ObjectSecurity
- Company type: Private
- Industry: Information Security
- Founded: UK (2000), California since 2009, Germany since 2017
- Founder: Ulrich Lang, Rudolf Schreiner
- Headquarters: San Diego, USA and Berlin, Germany
- Area served: Worldwide
- Key people: Ulrich Lang (CEO, ObjectSecurity LLC) Rudolf Schreiner (CEO ObjectSecurity OSA GmbH) Karel Gardas (Chief Software Engineer) Holmes Chuang (Principal Software Scientist)

= ObjectSecurity =

Information security company

ObjectSecurity is an information technology company focusing on information security (model-driven security, fine-grained access control, middleware security), supply chain risk analysis, data analytics, and artificial intelligence. The company pioneered the development of model-driven security, which was mostly an academic concept prior to the company's developments. The company is best known for their OpenPMF (Open Policy Management Framework) model-driven security product, security policy automation product for which the company received a "Cool Vendor" award from Gartner in 2008. In recent years, ObjectSecurity diversified into supply-chain risk-analysis automation for which the company was selected "Finalist" by AFWERX in 2019, and vulnerability assessment & pentesting automation.

==History==
ObjectSecurity was founded in 2000 by information security experts, Ulrich Lang and Rudolf Schreiner. At that time, Lang was a researcher at the University of Cambridge Computer Laboratory, working on "Access Policies for Middleware", and both were working as independent information security consultants.

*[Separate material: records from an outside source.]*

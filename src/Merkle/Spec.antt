-- ===== src/Merkle/Spec.antt =====
-- RFC 9162 section 2.1, on lists of leaf hashes: what tree.go is meant to compute.
-- `tree_hash j` is MTH on at most 2^j leaves: with more than 2^(j-1) of them, 2^(j-1) is the largest
-- power of two below their number, where the RFC splits.
use otvoren_vot.Prelude.{
  ℕ, zero, suc, ◌+◌, ◌-◌, ◌^◌, ◌≤◌, ◌<◌, ◌≡◌, ap, sym, ◌∙◌, true, false, List, [], ◌∷◌, ◌++◌, arith,
  length, take, drop, Bytes, leb, ltb, le→leb, lt→leb, lt-two_pow, two_pow-suc, length-take,
  length-drop,
}
use otvoren_vot.Merkle.Hash.{Hash, node_hash, empty_root}

-- D[lo:hi]
abbrev pub slice {ℓ} : {A : Type ℓ} → ℕ → ℕ → List A → List A
slice lo hi xs = take (hi - lo) (drop lo xs)

pub length-slice {ℓ} :
    {A : Type ℓ} (lo hi : ℕ) (xs : List A) → hi ≤ length xs → length (slice lo hi xs) ≡ hi - lo
length-slice lo hi xs h = omega (arith, length-take (hi - lo) (drop lo xs), length-drop lo xs)

module _ (sha256 : Bytes → Bytes) where
  unfoldable pub tree_hash : ℕ → List Hash → Hash
  tree_hash zero [] = empty_root sha256
  tree_hash zero (x ∷ xs) = x
  tree_hash (suc j) xs = elim (leb (length xs) (2 ^ j)) [
    | true ↦ tree_hash j xs
    | false ↦ node_hash sha256 (tree_hash j (take (2 ^ j) xs)) (tree_hash j (drop (2 ^ j) xs))
  ]

  -- MTH(D[n])
  unfoldable pub mth : List Hash → Hash
  unfolding tree_hash
  mth xs = tree_hash (length xs) xs

  -- PATH(m, D[n]) for n <= 2^j leaves.
  unfoldable pub audit_path : ℕ → ℕ → List Hash → List Hash
  audit_path zero m xs = []
  audit_path (suc j) m xs = elim (leb (length xs) (2 ^ j)) [
    | true ↦ audit_path j m xs
    | false ↦ elim (ltb m (2 ^ j)) [
      | true ↦ audit_path j m (take (2 ^ j) xs) ++ tree_hash j (drop (2 ^ j) xs) ∷ []
      | false ↦ audit_path j (m - 2 ^ j) (drop (2 ^ j) xs) ++ tree_hash j (take (2 ^ j) xs) ∷ []
    ]
  ]

  pub tree_hash_small :
      (j : ℕ) (xs : List Hash) → length xs ≤ 2 ^ j → tree_hash (suc j) xs ≡ tree_hash j xs
  unfolding tree_hash
  tree_hash_small j xs h = rw (le→leb (length xs) (2 ^ j) h, tree_hash)

  pub tree_hash_split :
      (j : ℕ) (xs : List Hash)
      → 2 ^ j < length xs
      → tree_hash (suc j) xs
        ≡ node_hash sha256 (tree_hash j (take (2 ^ j) xs)) (tree_hash j (drop (2 ^ j) xs))
  unfolding tree_hash
  tree_hash_split j xs h = rw (lt→leb (length xs) (2 ^ j) h, tree_hash)

  -- The height does not matter once it is enough.
  tree_hash_raise :
      (k j : ℕ) (xs : List Hash) → length xs ≤ 2 ^ j → tree_hash (k + j) xs ≡ tree_hash j xs
  tree_hash_raise zero j xs h = ap (λ i. tree_hash i xs) zero_plus
    where
      zero_plus : 0 + j ≡ j
      zero_plus = omega arith
  tree_hash_raise (suc k) j xs h =
      ap (λ i. tree_hash i xs) suc_plus
      ∙ tree_hash_small (k + j) xs (le_raise k)
      ∙ tree_hash_raise k j xs h
    where
      suc_plus : suc k + j ≡ suc (k + j)
      suc_plus = omega arith

      le_raise : (i : ℕ) → length xs ≤ 2 ^ (i + j)
      le_raise zero = let e : 0 + j ≡ j = omega arith in rw e h
      le_raise (suc i) =
          let e : suc i + j ≡ suc (i + j) = omega arith in
          rw e (omega (arith, two_pow-suc (i + j), le_raise i))

  pub mth_lem : (j : ℕ) (xs : List Hash) → length xs ≤ 2 ^ j → tree_hash j xs ≡ mth xs
  unfolding mth
  mth_lem j xs h =
      sym (tree_hash_raise (length xs) j xs h)
      ∙ ap (λ i. tree_hash i xs) swap
      ∙ tree_hash_raise j (length xs) xs (omega (arith, lt-two_pow (length xs)))
    where
      swap : length xs + j ≡ j + length xs
      swap = omega arith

Initially, ObjectSecurity was mainly working on customer projects around middleware security, esp. CORBA, but they quickly remarked that it was not possible to author and maintain security configurations for interconnected, distributed application environments. In an attempt to solve this challenges, the team built a full OMG CORBA Security SL3 & SSLIOP open source implementation based on MICO CORBA.

===Security Policy Automation===
To solve various challenges around implementing secure distributed systems, ObjectSecurity released OpenPMF version 1, at that time one of the first Attribute Based Access Control (ABAC) products in the market. It allowed the central authoring of access rules, and the automatic enforcement across all middleware nodes using local decision/enforcement points. Thanks to the support of several EU funded research projects, ObjectSecurity found that a central ABAC approach alone was not a manageable way to implement security policies.

ObjectSecurity released OpenPMF version 2. It is based on a concept called model-driven security which allows the intuitive, business-centric specification of security requirements and the automatic generation of enforceable securities policies. OpenPMF version 2 was designed to bridge the semantic gap between the policies that users manage, and the policies that are technically implemented. At the time of the release of OpenPMF version 2, model-driven security was tied together with a model-driven development process for applications, especially for agile service oriented architecture (SOA).

After years of publishing and presenting the scientific and technical approach, some analyst firms, such as Gartner took note of the scientific approach. Several other awards and recognition followed. OpenPMF version 3 was released in 2010, supporting advanced policies, Eclipse, cloud, BPMN, SOA, XACML, pub-sub/DDS, and numerous additional enforcement points. ObjectSecurity also extended their model-driven security approach to include automatic compliance/accreditation analysis and evidence generation

In 2009, ObjectSecurity set up an independent legal entity in California, United States to be closer to their US-based customers.

In recent years, ObjectSecurity has extended OpenPMF to support automatic system detection, automated formal testing, virtual reality support, API server etc., enabling security policy automation without the need to install local agents, and allowing the use of model-driven security without the need for a model-driven development. OpenPMF's support for advanced access control models including proximity-based access control, PBAC was also further extended.

==Products==
===OpenPMF 4.0===
In 2017, ObjectSecurity released OpenPMF version 4.0, which includes a new browser-based user interface, cloud support, and numerous other features.

===Supply Chain Risk Analysis Automation===
In 2019, ObjectSecurity released a beta version of a United States Navy SBIR funded Supply Chain Risk Analysis Management Solution (SCRAMS), which analyzes procurement information from SAP and other sources for anomalies indicating supply chain risks.

===Vulnerability Assessment & Pen-Testing Automation (VAPT)===
In 2019, ObjectSecurity released an alpha version of a U.S. United States Navy SBIR funded VAPT automation tools, which automatically analyze both IP systems/networks and embedded devices (via non-IP ports) for software vulnerabilities.

===BinLens===
BinLens, previously known as OT.AI Platform, is an Operational Technology / Industrial control system firmware security-assessment platform, aimed to detect Common Vulnerabilities and Exposures at the firmware level for many industrial devices, including PLCs, HMIs, SCADA Systems, etc.